Я лишь сейчас могу себе представить, каким образом я гляделся в этой компании глазами Улитина. Вот мы стоим, замерзшие, на Пушкинской площади в ожидании Асаркана у газетного киоска рядом со зданием «Известий», куда по пятницам поступал в продажу свежий выпуск «Недели», где Асаркан тогда подрабатывал. Даже в трескучий мороз он появлялся без пальто, в своем сером пиджаке, с шарфом и ушанкой на голове, с пачкой газет и брошюр — заготовок для самодельных почтовых открыток — под мышкой. Все подтягивались — весь антураж. Я тогда не понимал, что для Улитина я был всего лишь еще одним мальчиком в рое воспитанников Асаркана, новообращенных из его колледжа, с разной степенью близости отношений с наставником, где среди пестрой компании выпускников были и Лев Смирнов, и Саша Курепов, и Лёня Невлер, и Вадик Паперный, и Яник Каган. К этим Вадикам, Яникам и Лёникам добавился еще и Зиник. Зиник, в отличие от предыдущих колледжистов, стал задавать неуместные вопросы своему наставнику, нарываясь периодически на скандал. По самым нелепым поводам. Очень часто бытовым, а вовсе не идеологическим. Из-за собственной безграмотности, потому что в этой новой для меня жизни вокруг Асаркана Москва была другой страной, и в этой стране я был иностранцем. Для моего тогдашнего пионерского оптимизма это была за-граница, потусторонняя территория, где все не так, с другой хронологией и топографией. Даже география Москвы казалась загадочной, где каждый монумент, здание, площадь оказывались связанными с неведомыми судьбами трех товарищей по аресту.

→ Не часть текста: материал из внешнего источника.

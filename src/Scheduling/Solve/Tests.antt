-- ===== src/Scheduling/Solve/Tests.antt =====
-- Solve for two tunnels and one exit that has room for one of them.
use frp_operator.Prelude.{ℕ, ◌≡◌, ◌↔◌, true, none, some, List, [], ◌∷◌, All, Perm}
use frp_operator.Api.{Tunnel, ExitPool}
use frp_operator.Scheduling.Exits.Tests.{units, tunnel, exit, edge}
use frp_operator.Scheduling.Solve.{ClusterView, Results, solve, all_scheduled, sort_pools_by_weight}
use frp_operator.Scheduling.Solve.Outcome.{reported, solve-reported, all_scheduled_iff}
use frp_operator.Scheduling.Solve.Weights.{Descending, sort_pools_by_weight-sorts}

abbrev seen : ClusterView ℕ
seen = record {
  exits = exit.state ∷ [];
  pools = [];
  exits_again = exit.state ∷ [];
  pending_claims = [];
  ports_for_claim_name = λ _. [];
  pool = λ _. none;
}

abbrev waiting : List (Tunnel ℕ)
waiting = tunnel ∷ tunnel ∷ []

abbrev result : Results ℕ
result = solve (λ s. s) seen none waiting

solve-reported_example : All (λ t. reported result.bindings result.tunnel_errors t ≡ true) waiting
solve-reported_example = solve-reported (λ s. s) seen none waiting

all_scheduled_iff_example : (all_scheduled result 2 ≡ true) ↔ (result.tunnel_errors ≡ [])
all_scheduled_iff_example = all_scheduled_iff (λ s. s) seen none waiting

abbrev weighted : ExitPool ℕ
weighted = record edge { spec = record edge.spec { weight = some 5 } }

sort_pools_by_weight-sorts_example :
    Descending (sort_pools_by_weight (edge ∷ weighted ∷ []))
    × Perm (sort_pools_by_weight (edge ∷ weighted ∷ [])) (edge ∷ weighted ∷ [])
sort_pools_by_weight-sorts_example = sort_pools_by_weight-sorts (edge ∷ weighted ∷ [])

Получив в «Известях» гонорар, Асаркан должен был «рвануть кофейку». Вместе с первыми магнитофонами в ту эпоху в Москве появились первые кофейные машины-эспрессо, о чем я тоже до знакомства с Асарканом не подозревал. Во-первых, в магазине «Чай» на Неглинной. В магазине «Чай», по утверждению Асаркана, был лучший в Москве кофе, но зато в кулинарии при гостинице «Москва» лучше умели обращаться с кофейной машиной, когда речь шла о «двойной закладке». Эти двойные и ординарные порции мудрости раздавались Асарканом походя, с заходом в книжные магазины и с заглядыванием в газетные стенды, с заворотами в переулки и параллельные улочки, от кромки тротуара к витринам магазинов, с осмотром всей Москвы с губернаторской деловитостью и пристальностью: как некой территории, которую всякий раз надо открывать заново и растолковывать при этом свои открытия другим.